A New Dawn for Duke’s Data Scavengers
Miranda Volborth
An undergraduate machine learning enthusiast secures $45,000 to fund a computing mini-cluster dedicated to student use
Luke Truitt ECE ’21 has spent the last year scrounging for spare graphic processing units to support his machine learning hobby—even slivers of GPUs can add up to enough computational power to support a small project.
Machine learning is used widely at Duke, especially in engineering, medicine and computer science. Anyone whose research hinges on parsing vast amounts of data is probably taking a machine learning approach—deploying mathematical models to make inferences or decisions based on sample data, or “training” data. (When machine learning folks talk about “training their model,” this is what they’re talking about.)

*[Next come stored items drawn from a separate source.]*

-- ===== src/Listener/Calls.antt =====
-- Which items the callback of a `CallbackPoll` of swimprotocol/listener.py is called with.
use swim_protocol.Prelude.{
  ℕ, ◌≡◌, ◌∙◌, refl, sym, ap, subst, Bool, true, false, List, [], ◌∷◌, ◌++◌, Option-cases, inl, inr,
}
use mathlib.Core.List.{append_assoc, append-nil}
use swim_protocol.Listener.Defs.{Listener, pending, notify}
use swim_protocol.Listener.Delivery.{is_cons, find_event-set_events}
use swim_protocol.Listener.Callback.{
  CallbackPoll, Turn, begins, notifies, goes_on, ends, on_notify, poll_again, step, run,
}
use swim_protocol.Listener.Fresh.{AllBelow, AllBelow-set_events}
use swim_protocol.Listener.Waits.{
  items_of, Waits, IsSound, runs, poll_again-IsSound, resume-IsSound,
}

module _ {A : Type 0} where
  -- The items that are notified while the task runs.
  abbrev pub heard : Bool → List (Turn A) → List A
  heard is_running [] = []
  heard is_running (begins ∷ turns) = heard true turns
  heard true (notifies item ∷ turns) = item ∷ heard true turns
  heard false (notifies item ∷ turns) = heard false turns
  heard is_running (goes_on ∷ turns) = heard is_running turns
  heard is_running (ends task ∷ turns) = heard is_running turns

  is_cons-append : (xs : List A) (x : A) → is_cons (xs ++ x ∷ []) ≡ true
  is_cons-append [] x = refl
  is_cons-append (y ∷ ys) x = refl

  step-IsSound :
      (turn : Turn A) (turns : List (Turn A)) (items : List A) (s : CallbackPoll A)
      → IsSound items s
      → (more : List A) × IsSound (items ++ more) (step turn s)
        × (heard (runs s) (turn ∷ turns) ≡ more ++ heard (runs (step turn s)) turns)
  unfolding step notify poll_again pending
  step-IsSound begins turns items s v = elim (Option-cases s.event) [
    | inl asleep ↦
        let (no_items, no_calls) = subst (Waits items s) asleep v.waits in
        (
          [],
          rw (append-nil, asleep, step)
              (poll_again-IsSound items s (no_calls ∙ sym no_items) v.below),
          rw (asleep, step) refl,
        )
    | inr (event, awake) ↦ ([], rw (append-nil, awake, step) v, rw (awake, step) (rw awake refl))
  ]
  step-IsSound (notifies item) turns items s v = elim (Option-cases s.event) [
    | inl asleep ↦ (
      [],
      rw append-nil (record {
        waits =
            subst (Waits items (record s { listener = notify item s.listener })) (sym asleep)
              (subst (Waits items s) asleep v.waits);
        below = AllBelow-set_events s.next_event item s.listener.waiting v.below;
      }),
      rw asleep refl,
    )
    | inr (event, awake) ↦
        let (w, found, e, flag) = subst (Waits items s) awake v.waits in
        (
          item ∷ [],
          record {
            waits =
                subst (Waits (items ++ item ∷ []) (record s { listener = notify item s.listener }))
                  (sym awake)
                  (
                    _,
                    find_event-set_events event item s.listener.waiting w found,
                    sym (append_assoc (items_of s.calls) w.args (item ∷ []))
                        ∙ ap (λ l. l ++ item ∷ []) e,
                    sym (is_cons-append w.args item),
                  );
            below = AllBelow-set_events s.next_event item s.listener.waiting v.below;
          },
          rw awake refl,
        )
  ]
  step-IsSound goes_on turns items s v =
      let (v', same, called) = resume-IsSound items s v in
      ([], rw append-nil v', ap (λ b. heard b turns) (sym same))
  step-IsSound (ends task) turns items s v =
      ([], rw append-nil (record { waits = v.waits; below = v.below }), refl)

  run-IsSound :
      (turns : List (Turn A)) (items : List A) (s : CallbackPoll A)
      → IsSound items s
      → IsSound (items ++ heard (runs s) turns) (run turns s)
  unfolding run
  run-IsSound [] items s v = rw append-nil v
  run-IsSound (turn ∷ turns) items s v =
      let (more, v', e) = step-IsSound turn turns items s v in
      rw e (
        subst (λ l. IsSound l (run turns (step turn s)))
          (append_assoc items more (heard (runs (step turn s)) turns))
          (run-IsSound turns (items ++ more) (step turn s) v'))

  -- A listener is listened to by `on_notify`, whose task begins to run some time, goes on and ends
  -- subtasks between calls of `notify`, in any order. When the task goes on after that, the callback
  -- has been called, since the start, with exactly the items that were notified while the task ran,
  -- each once and in order.
  pub run-goes_on :
      (next_event : ℕ) (l : Listener A) (turns : List (Turn A))
      → AllBelow next_event l.waiting
      → items_of (step goes_on (run turns (on_notify next_event l))).calls ≡ heard false turns
  unfolding step on_notify
  run-goes_on next_event l turns below =
      (resume-IsSound (heard false turns) (run turns (on_notify next_event l)) (
        run-IsSound turns [] (on_notify next_event l)
          (record { waits = (refl, refl); below = below }))).2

Duke faculty use machine learning to scan video recordings for fleeting facial expressions that indicate potential signs of autism spectrum disorder, and to sort through mountains of clinical records and claims data in search of patients at risk for medical emergencies. They use machine learning to create better climate models, and recipes for new materials, like superhard carbon.
Machine learning has taken off in recent years, in part because of the wide availability of GPUs. GPUs are a kind of computer chip that rapidly process data, and were originally used to render images, freeing up the central processor for other tasks. Now, they are also used for AI and machine learning applications.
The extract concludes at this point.